Please print every line of the listing, unchanged.

[[ Data for analysis, beginning ]]

-- ===== src/Core/Serialization/Fields/Canonical.antt =====
-- Encoding what was decoded, for the encoder and the decoder of
-- crates/keymesh-core/src/serialization/mod.rs.
use key_mesh.Prelude.{
  ℕ, ◌≡◌, refl, sym, ap, ◌∙◌, List, [], ◌∷◌, ◌++◌, map, length, All, All-drop, arith, append-nil,
}
use key_mesh.Prelude.Bytes.{IsByte}
use key_mesh.Prelude.Outcome.{Result, ok, err}
use key_mesh.Core.Errors.{KeymeshError}
use key_mesh.Core.Serialization.{
  Decoder, new_decoder, Read, ◌>>=◌, finish, read_u8, read_u64, read_bytes,
}
use key_mesh.Core.Serialization.Decoding.{rest, remaining-length}
use key_mesh.Core.Serialization.Taking.{Took, Took-trans, read_u8-ok, read_u64-ok, read_bytes-ok}
use key_mesh.Core.Serialization.Fields.{
  Field, u8, u64, blob, Kind, u8_kind, u64_kind, blob_kind, kind_of, Fits, read_field, read_fields,
  finished, encode_fields, decode_fields, image, images,
}
use key_mesh.Core.Serialization.Fields.RoundTrip.{encode_fields-images}

finish-ok : (d : Decoder) → finish d ≡ ok tt → rest d ≡ []
unfolding finish
finish-ok d h = empty (rest d) (ground (arith, remaining-length d))
  where
    empty : (xs : List ℕ) → length xs ≡ 0 → xs ≡ []
    empty [] e = refl
    empty (x ∷ xs) e = absurd (omega arith)

-- Inversion of a read, then of a chain of two.
wrapped-ok :
    {A B : Type 0} (m : Read A) (c : A → B) (d e : Decoder) (b : B)
    → (m >>= (λ a d'. (ok (c a), d'))) d ≡ (ok b, e)
    → (a : A) × (m d ≡ (ok a, e)) × (c a ≡ b)
wrapped-ok {A} {B} m c d e b h = go (m d) refl
  where
    go : (r : Result A KeymeshError × Decoder) → m d ≡ r → (a : A) × (m d ≡ (ok a, e)) × (c a ≡ b)
    go (err x, e') p = cc (rw p at h)
    go (ok a, e') p = let there : e' ≡ e = cc (rw p at h) in (a, p ∙ cc there, cc (rw p at h))

bound-ok :
    {A B : Type 0} (m : Read A) (k : A → Read B) (d e : Decoder) (b : B)
    → (m >>= k) d ≡ (ok b, e)
    → (a : A) × (f : Decoder) × (m d ≡ (ok a, f)) × (k a f ≡ (ok b, e))
bound-ok {A} {B} m k d e b h = go (m d) refl
  where
    go :
        (r : Result A KeymeshError × Decoder)
        → m d ≡ r
        → (a : A) × (f : Decoder) × (m d ≡ (ok a, f)) × (k a f ≡ (ok b, e))
    go (err x, f) p = cc (rw p at h)
    go (ok a, f) p = (a, f, p, rw p at h)

-- The field that a read returns is what it took.
read_field-ok :
    (k : Kind) (d e : Decoder) (f : Field)
    → All IsByte d.buf
    → read_field k d ≡ (ok f, e)
    → Took d (image f) e × (kind_of f ≡ k) × Fits f
unfolding read_field
read_field-ok u8_kind d e f bytes h =
    let (v, read, value) = wrapped-ok read_u8 u8 d e f h in
    let t = read_u8-ok d e bytes v read in
    rw (← value) (t, refl, (rw t.taken at (All-drop IsByte d.pos d.buf bytes)).0)
read_field-ok u64_kind d e f bytes h =
    let (v, read, value) = wrapped-ok read_u64 u64 d e f h in
    let (t, fits) = read_u64-ok d e bytes v read in rw (← value) (t, refl, fits)
read_field-ok blob_kind d e f bytes h =
    let (v, read, value) = wrapped-ok read_bytes blob d e f h in
    let (t, fits) = read_bytes-ok d e v bytes read in rw (← value) (t, refl, fits)

read_fields-ok :
    (ks : List Kind) (d e : Decoder) (fs : List Field)
    → All IsByte d.buf
    → read_fields ks d ≡ (ok fs, e)
    → Took d (images fs) e × (map kind_of fs ≡ ks) × All Fits fs
unfolding read_fields
read_fields-ok [] d e fs bytes h =
    let nothing : [] ≡ fs = cc in
    let there : d ≡ e = cc in
    rw (← nothing, ← there) (record { same_buf = refl; taken = refl }, refl, tt)
read_fields-ok (k ∷ ks) d e fs bytes h =
    let (f, d', first, more) =
      bound-ok (read_field k) (λ f. read_fields ks >>= λ fs d. (ok (f ∷ fs), d)) d e fs h in
    let (fs', others, value) = wrapped-ok (read_fields ks) (◌∷◌ f) d' e fs more in
    let (t, kind, fits) = read_field-ok k d d' f bytes first in
    let (t', kinds, fit') = read_fields-ok ks d' e fs' (rw t.same_buf bytes) others in
    rw (← value) (Took-trans t t', cc, (fits, fit'))

-- A byte string that decodes is the encoding of what it decodes to: there is one encoding of each
-- sequence of fields, and no other byte string is accepted.
pub encode_fields-decode_fields :
    (ks : List Kind) (bytes : List ℕ) (fs : List Field)
    → All IsByte bytes
    → decode_fields ks bytes ≡ ok fs
    → (encode_fields fs ≡ bytes) × (map kind_of fs ≡ ks) × All Fits fs
unfolding decode_fields new_decoder
encode_fields-decode_fields ks bytes fs h p = go (read_fields ks (new_decoder bytes)) refl
  where
    start : Decoder
    start = new_decoder bytes

    whole :
        (fs' : List Field) (e : Decoder)
        → read_fields ks start ≡ (ok fs', e)
        → (r : Result (Unit {0}) KeymeshError) → finish e ≡ r
        → (encode_fields fs ≡ bytes) × (map kind_of fs ≡ ks) × All Fits fs
    whole fs' e q (err m) over = cc (rw (q, finished, over) at p)
    whole fs' e q (ok _) over =
        let (t, kinds, fits) = read_fields-ok ks start e fs' h q in
        let same : fs' ≡ fs = cc (rw (q, finished, over) at p) in
        rw (← same) (
          encode_fields-images fs' fits
              ∙ sym (t.taken ∙ ap (◌++◌ (images fs')) (finish-ok e over) ∙ append-nil (images fs')),
          kinds,
          fits,
        )

    go :
        (r : Result (List Field) KeymeshError × Decoder)
        → read_fields ks start ≡ r
        → (encode_fields fs ≡ bytes) × (map kind_of fs ≡ ks) × All Fits fs
    go (err m, e) q = cc (rw (q, finished) at p)
    go (ok fs', e) q = whole fs' e q (finish e) refl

[[ Data for analysis, end ]]

*Solution to the exercise*:
-- ===== src/Core/Serialization/Fields/Canonical.antt =====
-- Encoding what was decoded, for the encoder and the decoder of
-- crates/keymesh-core/src/serialization/mod.rs.
use key_mesh.Prelude.{
  ℕ, ◌≡◌, refl, sym, ap, ◌∙◌, List, [], ◌∷◌, ◌++◌, map, length, All, All-drop, arith, append-nil,
}
use key_mesh.Prelude.Bytes.{IsByte}
use key_mesh.Prelude.Outcome.{Result, ok, err}
use key_mesh.Core.Errors.{KeymeshError}
use key_mesh.Core.Serialization.{
  Decoder, new_decoder, Read, ◌>>=◌, finish, read_u8, read_u64, read_bytes,
}
use key_mesh.Core.Serialization.Decoding.{rest, remaining-length}
use key_mesh.Core.Serialization.Taking.{Took, Took-trans, read_u8-ok, read_u64-ok, read_bytes-ok}
use key_mesh.Core.Serialization.Fields.{
  Field, u8, u64, blob, Kind, u8_kind, u64_kind, blob_kind, kind_of, Fits, read_field, read_fields,
  finished, encode_fields, decode_fields, image, images,
}
use key_mesh.Core.Serialization.Fields.RoundTrip.{encode_fields-images}

finish-ok : (d : Decoder) → finish d ≡ ok tt → rest d ≡ []
unfolding finish
finish-ok d h = empty (rest d) (ground (arith, remaining-length d))
  where
    empty : (xs : List ℕ) → length xs ≡ 0 → xs ≡ []
    empty [] e = refl
    empty (x ∷ xs) e = absurd (omega arith)

-- Inversion of a read, then of a chain of two.
wrapped-ok :
    {A B : Type 0} (m : Read A) (c : A → B) (d e : Decoder) (b : B)
    → (m >>= (λ a d'. (ok (c a), d'))) d ≡ (ok b, e)
    → (a : A) × (m d ≡ (ok a, e)) × (c a ≡ b)
wrapped-ok {A} {B} m c d e b h = go (m d) refl
  where
    go : (r : Result A KeymeshError × Decoder) → m d ≡ r → (a : A) × (m d ≡ (ok a, e)) × (c a ≡ b)
    go (err x, e') p = cc (rw p at h)
    go (ok a, e') p = let there : e' ≡ e = cc (rw p at h) in (a, p ∙ cc there, cc (rw p at h))

bound-ok :
    {A B : Type 0} (m : Read A) (k : A → Read B) (d e : Decoder) (b : B)
    → (m >>= k) d ≡ (ok b, e)
    → (a : A) × (f : Decoder) × (m d ≡ (ok a, f)) × (k a f ≡ (ok b, e))
bound-ok {A} {B} m k d e b h = go (m d) refl
  where
    go :
        (r : Result A KeymeshError × Decoder)
        → m d ≡ r
        → (a : A) × (f : Decoder) × (m d ≡ (ok a, f)) × (k a f ≡ (ok b, e))
    go (err x, f) p = cc (rw p at h)
    go (ok a, f) p = (a, f, p, rw p at h)

-- The field that a read returns is what it took.
read_field-ok :
    (k : Kind) (d e : Decoder) (f : Field)
    → All IsByte d.buf
    → read_field k d ≡ (ok f, e)
    → Took d (image f) e × (kind_of f ≡ k) × Fits f
unfolding read_field
read_field-ok u8_kind d e f bytes h =
    let (v, read, value) = wrapped-ok read_u8 u8 d e f h in
    let t = read_u8-ok d e bytes v read in
    rw (← value) (t, refl, (rw t.taken at (All-drop IsByte d.pos d.buf bytes)).0)
read_field-ok u64_kind d e f bytes h =
    let (v, read, value) = wrapped-ok read_u64 u64 d e f h in
    let (t, fits) = read_u64-ok d e bytes v read in rw (← value) (t, refl, fits)
read_field-ok blob_kind d e f bytes h =
    let (v, read, value) = wrapped-ok read_bytes blob d e f h in
    let (t, fits) = read_bytes-ok d e v bytes read in rw (← value) (t, refl, fits)

read_fields-ok :
    (ks : List Kind) (d e : Decoder) (fs : List Field)
    → All IsByte d.buf
    → read_fields ks d ≡ (ok fs, e)
    → Took d (images fs) e × (map kind_of fs ≡ ks) × All Fits fs
unfolding read_fields
read_fields-ok [] d e fs bytes h =
    let nothing : [] ≡ fs = cc in
    let there : d ≡ e = cc in
    rw (← nothing, ← there) (record { same_buf = refl; taken = refl }, refl, tt)
read_fields-ok (k ∷ ks) d e fs bytes h =
    let (f, d', first, more) =
      bound-ok (read_field k) (λ f. read_fields ks >>= λ fs d. (ok (f ∷ fs), d)) d e fs h in
    let (fs', others, value) = wrapped-ok (read_fields ks) (◌∷◌ f) d' e fs more in
    let (t, kind, fits) = read_field-ok k d d' f bytes first in
    let (t', kinds, fit') = read_fields-ok ks d' e fs' (rw t.same_buf bytes) others in
    rw (← value) (Took-trans t t', cc, (fits, fit'))

-- A byte string that decodes is the encoding of what it decodes to: there is one encoding of each
-- sequence of fields, and no other byte string is accepted.
pub encode_fields-decode_fields :
    (ks : List Kind) (bytes : List ℕ) (fs : List Field)
    → All IsByte bytes
    → decode_fields ks bytes ≡ ok fs
    → (encode_fields fs ≡ bytes) × (map kind_of fs ≡ ks) × All Fits fs
unfolding decode_fields new_decoder
encode_fields-decode_fields ks bytes fs h p = go (read_fields ks (new_decoder bytes)) refl
  where
    start : Decoder
    start = new_decoder bytes

    whole :
        (fs' : List Field) (e : Decoder)
        → read_fields ks start ≡ (ok fs', e)
        → (r : Result (Unit {0}) KeymeshError) → finish e ≡ r
        → (encode_fields fs ≡ bytes) × (map kind_of fs ≡ ks) × All Fits fs
    whole fs' e q (err m) over = cc (rw (q, finished, over) at p)
    whole fs' e q (ok _) over =
        let (t, kinds, fits) = read_fields-ok ks start e fs' h q in
        let same : fs' ≡ fs = cc (rw (q, finished, over) at p) in
        rw (← same) (
          encode_fields-images fs' fits
              ∙ sym (t.taken ∙ ap (◌++◌ (images fs')) (finish-ok e over) ∙ append-nil (images fs')),
          kinds,
          fits,
        )

    go :
        (r : Result (List Field) KeymeshError × Decoder)
        → read_fields ks start ≡ r
        → (encode_fields fs ≡ bytes) × (map kind_of fs ≡ ks) × All Fits fs
    go (err m, e) q = cc (rw (q, finished) at p)
    go (ok fs', e) q = whole fs' e q (finish e) refl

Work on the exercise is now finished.